The trip computer on the family MINI One hack has never been re set. It's clocked up 14.5k miles in 2 years at an average speed of 29.9mph and 37.7 mpg. Oh, and a new set of front run flat tyres.

TJS


----------



## jampott (Sep 6, 2003)

Steve_Mc said:


> Biggest engine (5.0) = worst mpg @ 17mpg
> 
> Do I win a prize?


Biggest engine? How do you work that one out? :roll:


----------



## raven (May 7, 2002)

My 997 C2S seems to do about 15mpg around town and up to 28mpg on a long run. Not bad IMO.


----------



## BreTT (Oct 30, 2002)

jampott said:


> Steve_Mc said:
> 
> 
> > Biggest engine (5.0) = worst mpg @ 17mpg
> ...


Aye, exactly. Sure I said I had a 5.5 V8


----------



## jampott (Sep 6, 2003)

BreTT said:


> jampott said:
> 
> 
> > Steve_Mc said:
> ...


Which is lovely, but still puny next to PaulS small block chevy 5.7. :roll:


----------



## BreTT (Oct 30, 2002)

jampott said:


> BreTT said:
> 
> 
> > jampott said:
> ...


Had one of them when I had my 350/350 Corvette. Great engine/car but not in the same league as my AMG IMHO.


----------



## Steve_Mc (May 6, 2002)

jampott said:



> BreTT said:
> 
> 
> > jampott said:
> ...


I clearly can't read :roll:

But still worst mpg :?:


----------



## jampott (Sep 6, 2003)

Steve_Mc said:


> jampott said:
> 
> 
> > BreTT said:
> ...


If you say so...



> A pleasant change from a 14MPG average in the M5 which often dropped to single digit when anywhere other than a motorway.


----------



## steveh (Jan 14, 2004)

My new car with a twin turbo 2.7 litre engine showed 39.6mpg on it's first journey yesterday (to Leeds from Gatwick and back) and I wasn't driving at 55mph either.

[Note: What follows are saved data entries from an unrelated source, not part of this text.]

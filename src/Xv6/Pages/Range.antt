-- ===== src/Xv6/Pages/Range.antt =====
-- `freerange` of kalloc.c.
use os_project.Base.{
  ℕ, zero, suc, ◌+◌, ◌-◌, ◌*◌, ◌/◌, ◌%◌, ◌≤◌, ◌<◌, ◌≡◌, refl, true, some, List, ◌∷◌, leb, arith,
  All,
}
use os_project.Console.Enigma.{◌>>=◌}
use os_project.Xv6.Pages.{
  page_size, phys_stop, kern_base, Kmem, kfree, free_from, round_up, freerange,
}
use os_project.Xv6.Pages.Laws.{IsPage, Holds, All-map, kfree_lem}

-- The list behind the free pages once `count` pages from `p` on have been freed.
abbrev freed : ℕ → ℕ → List ℕ → List ℕ
freed zero p free = free
freed (suc count) p free = freed count (p + page_size) (p ∷ free)

free_from_step :
    (end vend rounds p : ℕ) (k k₁ k₂ : Kmem)
    → leb (p + page_size) vend ≡ true
    → kfree end p k ≡ some k₁
    → free_from end vend rounds (p + page_size) k₁ ≡ some k₂
    → free_from end vend (suc rounds) p k ≡ some k₂
unfolding free_from
free_from_step end vend rounds p k k₁ k₂ more e₁ e₂ = rw (more, free_from, e₁, ◌>>=◌) e₂

free_from_lem :
    (end vend rounds p : ℕ) (k : Kmem) (free : List ℕ)
    → Holds end k free
    → All (λ q. q < p) free
    → (p % page_size ≡ 0) × (end ≤ p) × (kern_base ≤ p)
    → p + rounds * page_size ≤ vend
    → vend ≤ kern_base + phys_stop
    → (k' : Kmem) × (free_from end vend rounds p k ≡ some k') × Holds end k' (freed rounds p free)
unfolding free_from
free_from_lem end vend zero p k free h below page fits top = (k, refl, h)
free_from_lem end vend (suc rounds) p k free h below page fits top =
    let is_page : IsPage end p = ground (arith, page, fits, top) in
    let (k₁, e₁, h₁) =
      kfree_lem end p k free is_page h (All-map free (λ q l e. omega (arith, l, e)) below) in
    let below' : All (λ q. q < p + page_size) (p ∷ free) =
      (omega arith, All-map free (λ q l. omega (arith, l)) below) in
    let (k₂, e₂, h₂) =
      free_from_lem end vend rounds (p + page_size) k₁ (p ∷ free) h₁ below' (ground (arith, page))
        (omega (arith, fits)) top in
    let more : leb (p + page_size) vend ≡ true = ground (arith, fits) in
    (k₂, free_from_step end vend rounds p k k₁ k₂ more e₁ e₂, h₂)

-- A range of the kernel's memory above all free pages is freed without a panic: the free list then
-- holds every whole page of the range, each once, the last one first, and behind them the pages that
-- it held before.
freerange_lem :
    (end vstart vend : ℕ) (k : Kmem) (free : List ℕ)
    → Holds end k free
    → All (λ q. q < round_up vstart) free
    → (end ≤ round_up vstart) × (kern_base ≤ round_up vstart)
    → (round_up vstart ≤ vend) × (vend ≤ kern_base + phys_stop)
    → (k' : Kmem) × (freerange end vstart vend k ≡ some k')
      × Holds end k' (freed ((vend - round_up vstart) / page_size) (round_up vstart) free)
unfolding freerange
freerange_lem end vstart vend k free h below low high =
    free_from_lem end vend ((vend - round_up vstart) / page_size) (round_up vstart) k free h below
      (omega arith, low.0, low.1) (omega (arith, high)) high.1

Oh, did I mention it was a diesel. 

Our V6 Touareg has actually shown an average of 22mpg (once) but usually it's around 18 or 19 on a run with 16 around town.


----------



## garyc (May 7, 2002)

gcp said:


> 38 avg in the 330d
> 
> About the same from the KTM


Ditto with 330cd. Seems same regardless of duty cycle. Long steady runs see it over 40mpg.


----------



## Kell (May 28, 2002)

garyc said:


> gcp said:
> 
> 
> > 38 avg in the 330d
> ...


That's impressive. From what I've read about your drving style in the past I don't think you hang around, yet your MPG is massively better than mine in the A4. Is it just a case of having more power means you have to try less to get up to speed or to overtake?

When I drive I'll be lucky to get 34 (indicated) and in town it will go down to under 20mpg with ease. I've seen it in single figures if I push on around town.

For those that don't know, this is a 2.5 V6 TDi A4 Avant.


----------



## garyc (May 7, 2002)

Kell said:


> garyc said:
> 
> 
> > gcp said:
> ...


I reset DIS mpg every 1000 miles to smooth out average.

I think it may come down to a few related factors:

1. BMW common rail injection 6 cyl engines are more efficient than the (now obselete) VW PD 6 cyl injection systems. This is particularly case when one has lead foot syndrome. PD economy is often little better than petrol eqiv if one really clogs it. CR just doesnt seem to vary in economy so much in relation to driving style.

2. High torque output at low/med revs means better part throttle performance. ie one doent always need to clog it to regain speed, surge up slip roads/inclines etc, and generally maintain momentum without using wide open throttle or all the revs. That's why the petrol equivelents often have to grab two gears to keep up/fend off a spirited derv driver - much to their chagrin. :wink:

3. Gearing in manual (auto is a different proposition) 6 speed 330d is spot on for cruising and one can keep good speed on very light throttle setting.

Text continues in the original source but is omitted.